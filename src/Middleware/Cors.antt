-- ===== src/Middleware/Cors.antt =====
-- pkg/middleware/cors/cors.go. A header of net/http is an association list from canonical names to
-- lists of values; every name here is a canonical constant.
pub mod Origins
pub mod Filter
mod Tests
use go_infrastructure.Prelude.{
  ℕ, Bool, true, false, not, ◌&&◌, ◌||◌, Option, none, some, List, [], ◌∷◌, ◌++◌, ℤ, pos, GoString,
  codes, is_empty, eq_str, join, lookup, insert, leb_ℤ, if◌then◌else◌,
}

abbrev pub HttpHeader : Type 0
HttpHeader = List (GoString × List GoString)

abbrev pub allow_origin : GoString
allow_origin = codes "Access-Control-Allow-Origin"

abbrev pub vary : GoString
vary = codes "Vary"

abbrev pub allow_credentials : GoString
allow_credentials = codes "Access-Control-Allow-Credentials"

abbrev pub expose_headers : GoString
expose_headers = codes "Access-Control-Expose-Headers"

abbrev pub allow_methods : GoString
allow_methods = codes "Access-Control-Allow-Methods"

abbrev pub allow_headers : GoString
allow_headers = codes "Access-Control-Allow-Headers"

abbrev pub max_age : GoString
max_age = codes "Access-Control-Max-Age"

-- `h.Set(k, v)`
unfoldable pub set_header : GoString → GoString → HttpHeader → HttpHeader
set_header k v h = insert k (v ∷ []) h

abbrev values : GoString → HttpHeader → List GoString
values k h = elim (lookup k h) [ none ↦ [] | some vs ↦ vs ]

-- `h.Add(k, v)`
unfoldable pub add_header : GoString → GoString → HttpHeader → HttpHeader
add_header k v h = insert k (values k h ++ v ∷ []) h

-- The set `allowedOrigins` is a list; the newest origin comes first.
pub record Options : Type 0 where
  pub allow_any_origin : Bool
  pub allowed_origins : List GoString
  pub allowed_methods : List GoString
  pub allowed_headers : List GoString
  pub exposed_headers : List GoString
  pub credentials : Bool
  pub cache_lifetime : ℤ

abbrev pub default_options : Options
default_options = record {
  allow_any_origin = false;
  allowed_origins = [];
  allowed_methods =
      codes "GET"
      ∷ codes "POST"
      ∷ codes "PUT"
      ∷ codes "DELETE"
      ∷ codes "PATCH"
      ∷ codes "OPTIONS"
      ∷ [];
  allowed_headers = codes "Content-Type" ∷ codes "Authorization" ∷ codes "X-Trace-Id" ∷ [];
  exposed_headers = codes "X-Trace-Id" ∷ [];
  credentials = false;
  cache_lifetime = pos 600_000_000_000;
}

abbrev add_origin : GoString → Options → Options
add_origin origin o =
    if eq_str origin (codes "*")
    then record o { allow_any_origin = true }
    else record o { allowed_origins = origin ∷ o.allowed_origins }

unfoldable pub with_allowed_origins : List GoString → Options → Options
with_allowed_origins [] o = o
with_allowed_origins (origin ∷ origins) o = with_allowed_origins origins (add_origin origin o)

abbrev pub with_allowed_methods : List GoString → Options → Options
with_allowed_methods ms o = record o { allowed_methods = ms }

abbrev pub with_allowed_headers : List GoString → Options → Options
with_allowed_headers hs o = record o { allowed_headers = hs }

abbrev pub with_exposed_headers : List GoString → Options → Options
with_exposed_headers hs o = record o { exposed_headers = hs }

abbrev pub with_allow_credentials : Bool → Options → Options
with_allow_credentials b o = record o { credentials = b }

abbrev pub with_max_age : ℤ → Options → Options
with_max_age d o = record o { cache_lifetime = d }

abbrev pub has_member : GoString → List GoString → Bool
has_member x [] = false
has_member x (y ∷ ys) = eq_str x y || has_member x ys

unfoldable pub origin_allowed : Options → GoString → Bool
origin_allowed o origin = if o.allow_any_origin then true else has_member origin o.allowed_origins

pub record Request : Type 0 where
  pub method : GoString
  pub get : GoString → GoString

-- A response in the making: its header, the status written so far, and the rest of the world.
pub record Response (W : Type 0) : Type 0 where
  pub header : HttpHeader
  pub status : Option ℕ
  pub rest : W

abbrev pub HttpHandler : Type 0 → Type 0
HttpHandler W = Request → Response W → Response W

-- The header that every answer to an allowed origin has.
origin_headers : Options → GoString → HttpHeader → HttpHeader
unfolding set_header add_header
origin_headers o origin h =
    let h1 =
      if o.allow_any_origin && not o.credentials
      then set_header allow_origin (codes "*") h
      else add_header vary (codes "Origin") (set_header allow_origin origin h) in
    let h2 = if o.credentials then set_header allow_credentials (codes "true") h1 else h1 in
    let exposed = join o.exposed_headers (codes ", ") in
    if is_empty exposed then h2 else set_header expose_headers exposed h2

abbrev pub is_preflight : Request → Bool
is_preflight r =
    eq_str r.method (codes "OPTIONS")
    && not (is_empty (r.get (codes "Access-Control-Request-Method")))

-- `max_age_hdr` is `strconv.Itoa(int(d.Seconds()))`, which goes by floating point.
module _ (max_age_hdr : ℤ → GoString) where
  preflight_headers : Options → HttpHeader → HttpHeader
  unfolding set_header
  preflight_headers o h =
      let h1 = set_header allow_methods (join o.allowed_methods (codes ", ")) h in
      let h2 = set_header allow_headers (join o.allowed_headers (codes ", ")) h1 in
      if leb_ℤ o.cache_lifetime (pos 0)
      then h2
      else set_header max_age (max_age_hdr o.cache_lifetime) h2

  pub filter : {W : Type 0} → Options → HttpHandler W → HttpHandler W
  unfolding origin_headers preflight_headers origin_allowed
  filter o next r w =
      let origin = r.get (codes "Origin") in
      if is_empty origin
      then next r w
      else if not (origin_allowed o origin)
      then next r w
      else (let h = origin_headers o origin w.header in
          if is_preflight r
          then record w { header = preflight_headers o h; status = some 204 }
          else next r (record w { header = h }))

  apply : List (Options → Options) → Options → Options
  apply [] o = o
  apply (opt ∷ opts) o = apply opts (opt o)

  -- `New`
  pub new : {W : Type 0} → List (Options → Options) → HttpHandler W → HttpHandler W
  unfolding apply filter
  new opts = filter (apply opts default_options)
──────────
EXERCISE
If a line in the data above includes the string "values", copy it.

SOLVED PROBLEM
-- lists of values; every name here is a canonical constant.
abbrev values : GoString → HttpHeader → List GoString
values k h = elim (lookup k h) [ none ↦ [] | some vs ↦ vs ]
add_header k v h = insert k (values k h ++ v ∷ []) h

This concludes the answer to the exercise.